Extracted records: Begin
-- ===== src/Lib.antt =====
-- The indexer and the API of itihas, an index of token transfers on Solana.
--
-- The program. `indexer` receives blocks, by polling an RPC node (indexer/src/poller.rs) or by a
-- gRPC subscription that falls back to polling (indexer/src/grpc.rs). Each block is parsed
-- (indexer/src/parser.rs) to the transactions that hold transfers of the two token programs,
-- collected to a state update (indexer/src/types.rs), and sent through two channels
-- (indexer/src/messenger.rs) to workers that write it to Postgres (indexer/src/db.rs), into the
-- tables that `migrator` makes. `api` answers one query over the table of transfers (api/src/api.rs,
-- api/src/db.rs, api/src/spec). `dao` has the tables.
--
-- The files.
-- - Prelude: names and lemmas that all share. Results: Rust's `Result` with panics as a third outcome.
--   Int: 64-bit words read as signed. Slices: `take` and `drop`.
--   Chunks: `slice::chunks`. Totals: lists compared as bags.
-- - Dao: the rows, keys and columns of dao/src/generated.
-- - Indexer/Types: the structs of indexer/src/types.rs and the errors of indexer/src/error.rs.
-- - Indexer/Sdk, Indexer/Proto: the fields that the code reads of the structs of other crates, and the
--   functions of those crates as a parameter.
-- - Indexer/StateUpdate: `merge_updates`, `parse_transaction`, `parse_block_state_update`.
-- - Indexer/Parser: the two parsers. Rpc is `PollerParser`, Grpc is `GrpcParser`, Spec the transfers of a
--   message read off its instructions, Lookup and Inversion lemmas, Agreement both parsers together.
-- - Indexer/Poller: `get_block` and `get_poller_block_stream`. Sorting, Slots, Stream,
--   Unwinding and Replies prove.
-- - Indexer/Fallback: `get_grpc_stream_with_rpc_fallback` as a function of the sequence of items of its
--   two streams, and `get_grpc_block_stream` as one of its sessions. Chain, CatchUp, Rising, Sessions and
--   Service prove.
-- - Indexer/Db: the writer; a transaction is the list of its statements. Rows, Batches,
--   Keys, Parameters and Success prove.
-- - Api/Server: the methods, paths, probes and configuration of the server; Routes proves.
-- - Indexer/Subscription: the requests of the gRPC streamer and the settings of its client.
-- - Indexer/Display: the texts of indexer/src/parser.rs.
-- - Indexer/Messenger: the channels and the senders of indexer/src/messenger.rs; Sending proves. Workers:
--   `run` and the workers as the steps of a system, one worker or the streamer at a time; Accounts is
--   what one step moves, Stored what a write adds, Blocks and Transfers the invariants, Arrival what is
--   written in the end, Progress that all can get there, Rest that the workers come to rest.
-- - Indexer/Delivery: the task of the streamer and the messenger's system together.
-- - Indexer/Main: indexer/src/config.rs and indexer/src/main.rs up to the task, over either streamer;
--   Genesis, Subscribed and Reconnected prove, each from a configuration on, Setup is the start as a
--   whole, and Running proves of it.
-- - Migrator: migrator/src as statements; Roundtrip and Schema prove.
-- - Api/Requests, Api/Query, Api/Handler: the validation of paging, the statements, the handler; Limits,
--   Meaning, Steps, Answers and Pages prove.
-- - Api/Main: the start of the server in api/src/main.rs, its metrics of calls, and `Api::new`; Starting
--   and Failing prove.
-- - Common: the crate `common`; Metrics proves.
-- - Served: from the blocks that were written to the answers of the API; Origins
--   has its lemmas, and Found proves.
-- - Indexer/Streamer: `continously_index_new_blocks` over a stream; Sending proves.
-- - The modules named Tests run the code on concrete data.
--
-- Bounds and fuel. The rounds of the poller's stream run on fuel; one round more than there are slots
-- left is enough where the stream has an end, since every round before the end fetches a slot.
-- `get_block` and `index_block_batches` run over the list of the outside's answers, and give no result
-- while the list does not suffice. Slots and amounts are natural numbers below 2^64 in the program, and
-- a last indexed slot is below the greatest of these; where they are cast or multiplied the wrap-around
-- is written out. The loops of `send_block_batches`, `fetch_current_slot` and the like run over such
-- lists too. The steps of the workers need no fuel: a run is a derivation of `Reach`, of any length.
--
-- Not modelled: what is only logged, and pauses; the listener of the HTTP server, its headers and CORS;
-- the command line of `migrator`; the end of the indexer at Ctrl-C, which is up to the tasks of tokio;
-- the tables behind the indexer's INSERT statements, beyond what Served assumes of them; the
-- integration tests. The other crates are parameters: sqlx and sea_orm, solana, yellowstone, jsonrpsee,
-- cadence, figment and git2.
pub mod Prelude
pub mod Dao
pub mod Indexer
pub mod Api
pub mod Migrator
pub mod Served
pub mod Common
Extracted records: End
- **Your assignment**: In the entries above, the lines between the one holding "proves of it." and the one holding "-- while the", inclusive, are to be printed exactly as written, and those alone.

- **The answer**:
--   whole, and Running proves of it.
-- - Migrator: migrator/src as statements; Roundtrip and Schema prove.
-- - Api/Requests, Api/Query, Api/Handler: the validation of paging, the statements, the handler; Limits,
--   Meaning, Steps, Answers and Pages prove.
-- - Api/Main: the start of the server in api/src/main.rs, its metrics of calls, and `Api::new`; Starting
--   and Failing prove.
-- - Common: the crate `common`; Metrics proves.
-- - Served: from the blocks that were written to the answers of the API; Origins
--   has its lemmas, and Found proves.
-- - Indexer/Streamer: `continously_index_new_blocks` over a stream; Sending proves.
-- - The modules named Tests run the code on concrete data.
--
-- Bounds and fuel. The rounds of the poller's stream run on fuel; one round more than there are slots
-- left is enough where the stream has an end, since every round before the end fetches a slot.
-- `get_block` and `index_block_batches` run over the list of the outside's answers, and give no result
-- while the list does not suffice. Slots and amounts are natural numbers below 2^64 in the program, and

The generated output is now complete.